Small Biotechs Carry the Heaviest Burden
While all drugmakers rely on the FDA, smaller biotech companies are especially vulnerable. Unlike pharmaceutical giants with multiple drugs on the market and deep financial reserves, many biotechs are focused on developing a single product. Their ability to secure funding, attract investors, and stay in business often depends on hitting regulatory milestones on time.
Marc Scheineson, a former associate FDA commissioner, said these delays are particularly damaging. “The worst outcome isn’t just rejection. It’s doing everything by the book—spending millions—only to be blindsided by a last-minute regulatory hurdle that could have been resolved early on.”
Cancer Study Stalls Amid Confusing FDA Feedback
One biotech developing an experimental cancer antibody recently hit a frustrating wall. The company requested permission for a second biopsy during trials to help track tumor response over time. European regulators approved the procedure, but the FDA rejected it, citing guidance that hadn’t yet been officially adopted.
When the company agreed to reclassify the biopsy as a secondary objective—per the FDA’s suggestion—it received another quick rejection, this time stating the procedure wouldn’t benefit the patient. The back-and-forth and rapid decision-making raised concerns that the review might have been handled by less experienced staff. Rather than appeal and risk further delays, the company opted to pause.
Silence from the FDA Stymies Genetic Disease Trial
Another biotech firm, developing a treatment for a rare respiratory genetic disease, has been waiting since March for the FDA to respond to a minor amendment in its clinical trial plan. The company asked to allow participants to take steroids to ease side effects—a routine request that normally gets approved in days. By mid-April, no reply had come.
With the U.S. timeline uncertain, the company is now shifting focus to its European operations. It still hopes to begin the U.S. trial, but timing depends on whether—and when—the FDA finally responds.
The Industry Speaks Out
The mounting frustration is drawing attention from across the industry. Dozens of biotech executives, patient advocates, and investors sent a letter to Senator Bill Cassidy, chair of the Senate committee overseeing health and education policy, urging a review of the FDA’s current capacity. The letter, organized by advocacy group No Patient Left Behind, calls for swift action to restore the agency’s ability to operate effectively.

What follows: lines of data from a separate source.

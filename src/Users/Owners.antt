-- ===== src/Users/Owners.antt =====
-- What an update of a member checks and writes, and the active owners that it leaves.
use mathlib.Core.List.{Memᴰ}
use pulse_crm.Prelude.Table.Laws.{find?-test}
use pulse_crm.Prelude.Table.Members.{Distinct, find?-mem, All-of_mem}
use pulse_crm.Prelude.Table.Counts.{
  count-le-update, count-mono-update, count-ext, any-update, count-key-le,
}
use pulse_crm.Prelude.{
  ℕ, ◌≤◌, ◌<◌, ◌≡◌, refl, ◌⊎◌, inl, inr, Bool, true, false, not, ◌&&◌, Option, none, some, String,
  List, All, arith, ◌==◌, bit, leb, raise_if, Bool-cases, find?, count, update, ok, http, require,
  require-eq-ok, raise_if-eq-ok, >>=-eq-ok,
}
use pulse_crm.Models.{Role, is_owner, is_admin, role_eq, User, Membership}
use pulse_crm.Access.{Context}
use pulse_crm.Users.{
  Store, UserUpdate, is_active_owner, active_owner_count, is_elevated, requested_role, check_roles,
  is_current, with_role, rename, write_user, update_user,
}

-- What a successful update checked, and what it wrote.
pub record Updated (s : Store) (c : Context) (user_id : ℕ) (p : UserUpdate)
    (meanwhile : List Membership) (s' : Store) (m' : Membership) : Type 0 where
  pub member : Membership
  pub requested : Role
  pub listed : Memᴰ member s.memberships
  pub inside : member.workspace_id ≡ c.workspace_id
  pub of_user : member.user_id ≡ user_id
  pub role_is : requested_role p member ≡ ok requested
  pub row : Membership
  pub found : find? (is_current c member p.expected_version) meanwhile ≡ some row
  pub result : m' ≡ with_role p requested row
  pub peers : is_admin c.role ≡ true → is_elevated member.role ≡ false
  pub grants : is_admin c.role ≡ true → is_elevated requested ≡ false
  pub self : user_id ≡ c.user_id → role_eq requested member.role ≡ true
  pub last :
      is_owner member.role ≡ true
      → is_owner requested ≡ false
      → 1 < active_owner_count s c.workspace_id
  pub written :
      s'.memberships
      ≡ update (is_current c member p.expected_version) (with_role p requested) meanwhile
  pub users_are :
      (m : Membership)
      → is_active_owner s'.users c.workspace_id m ≡ is_active_owner s.users c.workspace_id m

rename-owners :
    (name : Option String) (user_id workspace_id : ℕ) (users : List User) (m : Membership)
    → is_active_owner (rename name user_id users) workspace_id m
      ≡ is_active_owner users workspace_id m
unfolding rename is_active_owner
rename-owners none user_id workspace_id users m = refl
rename-owners (some name) user_id workspace_id users m = rw (
    any-update (λ (u : User). u.id == m.user_id && u.is_active) (λ u. u.id == user_id)
      (λ u. record u { full_name = name }) (λ u. refl) users)

checks :
    (s : Store) (c : Context) (user_id : ℕ) (m : Membership) (requested : Role) (u : Unit {0})
    → check_roles s c user_id m requested ≡ ok u
    → (is_admin c.role ≡ true → is_elevated m.role ≡ false)
      × (is_admin c.role ≡ true → is_elevated requested ≡ false)
      × (user_id ≡ c.user_id → role_eq requested m.role ≡ true)
      × (is_owner m.role ≡ true
          → is_owner requested ≡ false
          → 1 < active_owner_count s c.workspace_id)
unfolding check_roles
checks s c user_id m requested u e =
    let (a, e1) =
      raise_if-eq-ok (is_admin c.role && is_elevated m.role)
        (http 403 "administrators cannot edit owners or other administrators") _ e in
    let (b, e2) =
      raise_if-eq-ok (is_admin c.role && is_elevated requested)
        (http 403 "only the workspace owner can assign elevated roles") _ e1 in
    let (d, e3) =
      raise_if-eq-ok (user_id == c.user_id && not (role_eq requested m.role))
        (http 409 "self_role_change_forbidden") _ e2 in
    (λ h. and_left a h, λ h. and_left b h, λ h. same d h, λ h k. many e3 h k)
  where
    and_left : {x y : Bool} → (x && y) ≡ false → x ≡ true → y ≡ false
    and_left {x} {y} n h = ground arith

    same :
        (user_id == c.user_id && not (role_eq requested m.role)) ≡ false
        → user_id ≡ c.user_id
        → role_eq requested m.role ≡ true
    same n h = ground arith

    many :
        raise_if
            (is_owner m.role
              && not (is_owner requested)
              && leb (active_owner_count s c.workspace_id) 1)
            (http 409 "last_owner_required")
          ≡ ok u
        → is_owner m.role ≡ true
        → is_owner requested ≡ false
        → 1 < active_owner_count s c.workspace_id
    many n h k = ground arith

writes :
    (s : Store) (c : Context) (user : User) (p : UserUpdate) (m : Membership) (requested : Role)
    (meanwhile : List Membership) (m' : Membership) (s' : Store)
    → write_user s c user p m requested meanwhile ≡ ok (m', s')
    → (x : Membership) × (find? (is_current c m p.expected_version) meanwhile ≡ some x)
      × (m' ≡ with_role p requested x)
      × (s'.memberships
          ≡ update (is_current c m p.expected_version) (with_role p requested) meanwhile)
      × (s'.users ≡ rename p.full_name user.id s.users)
unfolding write_user
writes s c user p m requested meanwhile m' s' e =
    let (x, e1, e2) =
      >>=-eq-ok
        (require (find? (is_current c m p.expected_version) meanwhile)
          (http 409 "version_conflict"))
        _ e in
    (x, require-eq-ok _ (http 409 "version_conflict") e1, ground arith, ground arith, ground arith)

module _ (s : Store) (c : Context) (user_id : ℕ) (p : UserUpdate) (meanwhile : List Membership)
    (s' : Store) (m' : Membership) (e : update_user s c user_id p meanwhile ≡ ok (m', s')) where
  pub update_user-Updated : Updated s c user_id p meanwhile s' m'
  unfolding update_user
  update_user-Updated =
      let here = λ (m : Membership). m.workspace_id == c.workspace_id && m.user_id == user_id in
      let (user, e1, r1) =
        >>=-eq-ok
          (require (find? (λ u. u.id == user_id && u.is_active) s.users)
            (http 404 "user not found"))
          _ e in
      let (m, e2, r2) =
        >>=-eq-ok (require (find? here s.memberships) (http 404 "user not found")) _ r1 in
      let (requested, e3, r3) = >>=-eq-ok (requested_role p m) _ r2 in
      let (u, e4, r4) = >>=-eq-ok (check_roles s c user_id m requested) _ r3 in
      let found : find? here s.memberships ≡ some m =
        require-eq-ok _ (http 404 "user not found") e2 in
      let t : here m ≡ true = find?-test here s.memberships found in
      let (peers, grants, self, last) = checks s c user_id m requested u e4 in
      let (x, hit, made, table, names) = writes s c user p m requested meanwhile m' s' r4 in
      record {
        member = m;
        requested = requested;
        listed = find?-mem here s.memberships found;
        inside = ground arith;
        of_user = ground arith;
        role_is = e3;
        row = x;
        found = hit;
        result = made;
        peers = peers;
        grants = grants;
        self = self;
        last = last;
        written = table;
        users_are = λ y. rw names (rename-owners p.full_name user.id c.workspace_id s.users y);
      }

  row_counts :
      (d : Updated s c user_id p meanwhile s' m')
      → ((x y : Membership)
          → Memᴰ x meanwhile
          → Memᴰ y s.memberships
          → y.user_id ≡ user_id
          → x.id ≡ y.id
          → x.version ≡ p.expected_version
          → x ≡ y)
      → (is_owner d.member.role ≡ false) ⊎ (is_owner d.requested ≡ true)
      → All
          (λ x.
            is_current c d.member p.expected_version x ≡ true
            → bit (is_active_owner s.users c.workspace_id x)
              ≤ bit (is_active_owner s.users c.workspace_id (with_role p d.requested x)))
          meanwhile
  row_counts d stable kept = All-of_mem _ meanwhile λ x m t.
      let one : x ≡ d.member =
        stable x d.member m d.listed d.of_user (unfold is_current in ground arith)
          (unfold is_current in ground arith) in
      rw one (unfold is_active_owner with_role in ground arith)

  -- A workspace that has an active owner has one after an update that is accepted, if the requests
  -- that commit between its checks and its UPDATE leave no fewer active owners than it read, and leave
  -- the row of the member as it was where they leave its version the expected one. The ids of the
  -- memberships are distinct.
  pub update_user-keeps_owner :
      Distinct (λ (m : Membership). m.id) meanwhile
      → ((x y : Membership)
          → Memᴰ x meanwhile
          → Memᴰ y s.memberships
          → y.user_id ≡ user_id
          → x.id ≡ y.id
          → x.version ≡ p.expected_version
          → x ≡ y)
      → active_owner_count s c.workspace_id
        ≤ count (is_active_owner s.users c.workspace_id) meanwhile
      → 0 < active_owner_count s c.workspace_id
      → 0 < active_owner_count s' c.workspace_id
  unfolding active_owner_count
  update_user-keeps_owner unique stable others h =
      let d = update_user-Updated in
      let q = is_active_owner s.users c.workspace_id in
      let hit = is_current c d.member p.expected_version in
      let f = with_role p d.requested in
      let same : count (is_active_owner s'.users c.workspace_id) s'.memberships
          ≡ count q (update hit f meanwhile) =
        rw d.written (
          count-ext (is_active_owner s'.users c.workspace_id) q d.users_are
            (update hit f meanwhile)) in
      let stays = λ (kept : (is_owner d.member.role ≡ false) ⊎ (is_owner d.requested ≡ true)).
        count-mono-update q hit f meanwhile (row_counts d stable kept) in
      rw same (elim (Bool-cases (is_owner d.member.role)) [
        | inr never ↦ omega (arith, others, stays (inl never))
        | inl was ↦ elim (Bool-cases (is_owner d.requested)) [
          | inl still ↦ omega (arith, others, stays (inr still))
          | inr gone ↦ omega (
            arith,
            others,
            d.last was gone,
            count-le-update q hit f meanwhile (
                count-key-le (λ (m : Membership). m.id) d.member.id hit
                  (λ x t. unfold is_current in ground arith) meanwhile unique),
          )
        ]
      ])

John Maraganore, a former CEO of Alnylam Pharmaceuticals and now a biotech investor, said rebuilding the FDA won’t be easy. “This is a full reboot of the agency,” he said. “Finding the right people to step in and lead through this recovery will be critical.”
A System Once Built to Avoid Delays Is Now Creating Them
Ironically, many of the FDA’s modern systems were designed to prevent exactly these kinds of regulatory delays. Industry-paid fees support fast-track review programs that are supposed to guarantee timely communication. Performance metrics are reported to Congress. But all that depends on having enough trained staff in place—and right now, the FDA is running short.
“When you slash the workforce but keep the same deadlines, it becomes an impossible task,” Scheineson said. “And when that happens, patients suffer.”
For biotech firms, the stakes couldn’t be higher. Every delay threatens to drain resources, discourage investors, and delay critical treatments that patients are waiting for. Without urgent action, these compounding challenges could stall the innovation pipeline and undermine years of medical progress.